Task description — Count, in the entries, the lines with "elim". Answer with the number only.

The data —
▼▼▼
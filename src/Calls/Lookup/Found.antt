-- ===== src/Calls/Lookup/Found.antt =====
-- The candidates of `_lookup_method_candidates` in src/java_codebase_rag/graph/build_ast_graph.py.
use mathlib.Core.List.{Memᴰ}
use mathlib.Core.List.Memᴰ
use jrag.Base.{
  ℕ, Bool, true, false, not, Option, List, [], ◌∷◌, ◌++◌, ◌≡◌, ◌↔◌, refl, sym, ap, ◌∙◌, subst,
  arith, Bool-cases, inl, inr, Text, same_text, same_text_refl, same_text_eq, one_of,
}
use jrag.Calls.{keep, MemberEntry, Tables, methods_of}
use jrag.Calls.Lookup.{successors, is_called, has_arity, collect, choose, lookup_method_candidates}
use jrag.Calls.Queue.{visits, enough, append_unseen}
use jrag.Calls.Queue.Reached.{Reach, append_unseen-IsJoin, visits_iff}

pub mem-keep :
    {A : Type 0}
    → (test : A → Bool) (a : A) (xs : List A) → Memᴰ a (keep test xs)
    → Memᴰ a xs × (test a ≡ true)
unfolding keep
mem-keep test a [] m = absurd (Memᴰ.not-nil m)
mem-keep {A} test a (x ∷ xs) m = elim (Bool-cases (test x)) [
  | inl e ↦ elim (Memᴰ.cases_cons (subst (λ (l : List A). Memᴰ a l) (rw e refl) m)) [
    | inl h ↦ (Memᴰ.head h, rw h e)
    | inr t ↦ let r = mem-keep test a xs t in (Memᴰ.tail r.0, r.1)
  ]
  | inr e ↦
      let r = mem-keep test a xs (subst (λ (l : List A). Memᴰ a l) (rw e refl) m) in
      (Memᴰ.tail r.0, r.1)
]

pub keep-mem :
    {A : Type 0}
    → (test : A → Bool) (a : A) (xs : List A) → Memᴰ a xs
    → test a ≡ true
    → Memᴰ a (keep test xs)
unfolding keep
keep-mem test a [] m h = absurd (Memᴰ.not-nil m)
keep-mem test a (x ∷ xs) (Memᴰ.head e) h = rw (ap test (sym e) ∙ h) (Memᴰ.head e)
keep-mem test a (x ∷ xs) (Memᴰ.tail m) h = elim (Bool-cases (test x)) [
  | inl e ↦ rw e (Memᴰ.tail (keep-mem test a xs m h))
  | inr e ↦ rw e (keep-mem test a xs m h)
]

mem-methods_of :
    (t : Text) (c : MemberEntry) (ms : List MemberEntry)
    → Memᴰ c (methods_of t ms)
    → Memᴰ c ms × (same_text c.parent_fqn t ≡ true)
unfolding methods_of
mem-methods_of t c [] m = absurd (Memᴰ.not-nil m)
mem-methods_of t c (x ∷ ms) m = elim (Bool-cases (same_text x.parent_fqn t)) [
  | inl e ↦ elim (Memᴰ.cases_cons (subst (λ (l : List MemberEntry). Memᴰ c l) (rw e refl) m)) [
    | inl h ↦ (Memᴰ.head h, ap (λ (y : MemberEntry). same_text y.parent_fqn t) h ∙ e)
    | inr k ↦ let r = mem-methods_of t c ms k in (Memᴰ.tail r.0, r.1)
  ]
  | inr e ↦
      let r = mem-methods_of t c ms (subst (λ (l : List MemberEntry). Memᴰ c l) (rw e refl) m) in
      (Memᴰ.tail r.0, r.1)
]

methods_of-mem :
    (t : Text) (c : MemberEntry) (ms : List MemberEntry)
    → Memᴰ c ms
    → same_text c.parent_fqn t ≡ true
    → Memᴰ c (methods_of t ms)
unfolding methods_of
methods_of-mem t c [] m h = absurd (Memᴰ.not-nil m)
methods_of-mem t c (x ∷ ms) (Memᴰ.head e) h =
    let k : same_text x.parent_fqn t ≡ true =
      ap (λ (y : MemberEntry). same_text y.parent_fqn t) (sym e) ∙ h in
    rw k (Memᴰ.head e)
methods_of-mem t c (x ∷ ms) (Memᴰ.tail m) h = elim (Bool-cases (same_text x.parent_fqn t)) [
  | inl e ↦ rw e (Memᴰ.tail (methods_of-mem t c ms m h))
  | inr e ↦ rw e (methods_of-mem t c ms m h)
]

module _ (tables : Tables) (callee : Text) where
  -- A method of the tables that answers to the callee's name, on one of the types.
  abbrev On : List Text → MemberEntry → Type 0
  On ts c = Memᴰ c tables.members × (one_of c.parent_fqn ts ≡ true) × (is_called callee c ≡ true)

  abbrev gathered : (MemberEntry → Bool) → List Text → List MemberEntry
  gathered test [] = []
  gathered test (t ∷ ts) =
      keep test (keep (is_called callee) (methods_of t tables.members)) ++ gathered test ts

  collect-gathered :
      (args : Option ℕ) (ts : List Text)
      → collect tables callee args ts
        ≡ (gathered (has_arity args) ts, gathered (λ m. not (has_arity args m)) ts)
  unfolding collect
  collect-gathered args [] = refl
  collect-gathered args (t ∷ ts) =
      let found = keep (is_called callee) (methods_of t tables.members) in
      ap
        (λ (p : List MemberEntry × List MemberEntry).
          (keep (has_arity args) found ++ p.0, keep (λ m. not (has_arity args m)) found ++ p.1))
        (collect-gathered args ts)

  gathered-On :
      (test : MemberEntry → Bool) (c : MemberEntry) (ts : List Text)
      → Memᴰ c (gathered test ts)
      → On ts c × (test c ≡ true)
  unfolding one_of
  gathered-On test c [] m = absurd (Memᴰ.not-nil m)
  gathered-On test c (t ∷ ts) m =
      elim (Memᴰ.append_cases (keep test (keep (is_called callee) (methods_of t tables.members)))
        m) [
          | inl a ↦
              let (k, h) =
                mem-keep test c (keep (is_called callee) (methods_of t tables.members)) a in
              let (l, g) = mem-keep (is_called callee) c (methods_of t tables.members) k in
              let (n, p) = mem-methods_of t c tables.members l in
              ((n, rw (same_text_eq c.parent_fqn t p) (ground (arith, same_text_refl t)), g), h)
          | inr b ↦ let (o, h) = gathered-On test c ts b in ((o.0, ground (arith, o.1), o.2), h)
        ]

  On-gathered :
      (test : MemberEntry → Bool) (c : MemberEntry) (ts : List Text)
      → On ts c
      → test c ≡ true
      → Memᴰ c (gathered test ts)
  unfolding one_of
  On-gathered test c [] (n, o, g) h = ground arith
  On-gathered test c (t ∷ ts) (n, o, g) h = elim (Bool-cases (same_text t c.parent_fqn)) [
    | inl e ↦
        let p : same_text c.parent_fqn t ≡ true =
          rw (same_text_eq t c.parent_fqn e) (same_text_refl c.parent_fqn) in
        Memᴰ.append_left (gathered test ts) (
          keep-mem test c (keep (is_called callee) (methods_of t tables.members))
            (keep-mem (is_called callee) c (methods_of t tables.members)
              (methods_of-mem t c tables.members n p) g)
            h)
    | inr e ↦
        Memᴰ.append_right (keep test (keep (is_called callee) (methods_of t tables.members)))
          (On-gathered test c ts (n, ground (arith, o), g) h)
  ]

-- The types that the lookup visits.
order_from : Tables → Text → List Text
order_from tables src =
    let next = successors tables in
    visits tables.types next append_unseen (enough next tables.types (src ∷ [])) [] (src ∷ [])

module _ (tables : Tables) (src callee : Text) (args : Option ℕ) where
  -- A method that answers to the callee's name on a type that can be reached.
  abbrev pub Answers : MemberEntry → Type 0
  Answers c =
      Memᴰ c tables.members
      × Reach tables.types (successors tables) append_unseen append_unseen-IsJoin (src ∷ [])
          c.parent_fqn
      × (is_called callee c ≡ true)

  -- No candidates: no answers. With the flag of the name-only fallback false: the answers with the arity of the call.
  -- With the flag: the answers, none of which has that arity.
  abbrev pub Selects : List MemberEntry × Bool → Type 0
  Selects ([], false) = (c : MemberEntry) → Answers c → ⊥
  Selects ([], true) = ⊥
  Selects (m ∷ found, false) =
      (c : MemberEntry) → Memᴰ c (m ∷ found) ↔ (Answers c × (has_arity args c ≡ true))
  Selects (m ∷ found, true) =
      (c : MemberEntry) → (Memᴰ c (m ∷ found) ↔ Answers c) × (Answers c → has_arity args c ≡ false)

  abbrev Gathers : List MemberEntry → (MemberEntry → Bool) → Type 0
  Gathers found test = (c : MemberEntry) → Memᴰ c found ↔ (Answers c × (test c ≡ true))

  choose-Selects :
      (exact others : List MemberEntry)
      → Gathers exact (has_arity args)
      → Gathers others (λ m. not (has_arity args m))
      → Selects (choose (exact, others))
  choose-Selects [] [] e o = λ c a. elim (Bool-cases (has_arity args c)) [
    | inl h ↦ Memᴰ.not-nil ((e c).1 (a, h))
    | inr h ↦ Memᴰ.not-nil ((o c).1 (a, ap not h))
  ]
  choose-Selects (m ∷ ms) others e o = e
  choose-Selects [] (m ∷ ms) e o = λ c.
      let none_exact : Answers c → has_arity args c ≡ false = λ a.
        elim (Bool-cases (has_arity args c)) [
          | inl h ↦ absurd (Memᴰ.not-nil ((e c).1 (a, h)))
          | inr h ↦ h
        ] in
      ((λ k. ((o c).0 k).0, λ a. (o c).1 (a, ap not (none_exact a))), none_exact)

  gathers :
      (test : MemberEntry → Bool)
      → Gathers (gathered tables callee test (order_from tables src)) test
  unfolding order_from
  gathers test c =
      let order = order_from tables src in
      let iff =
        visits_iff tables.types (successors tables) append_unseen append_unseen-IsJoin (src ∷ []) in
      (
        λ m.
            let (o, h) = gathered-On tables callee test c order m in
            ((o.0, (iff c.parent_fqn).0 o.1, o.2), h),
        λ (a, h). On-gathered tables callee test c order (a.0, (iff c.parent_fqn).1 a.1, a.2) h,
      )

  pub lookup_method_candidates_lem : Selects (lookup_method_candidates tables src callee args)
  unfolding lookup_method_candidates order_from
  lookup_method_candidates_lem =
      let order = order_from tables src in
      subst (λ p. Selects (choose p)) (sym (collect-gathered tables callee args order))
        (choose-Selects _ _ (gathers (has_arity args)) (gathers (λ m. not (has_arity args m))))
▲▲▲
Problem solution — 10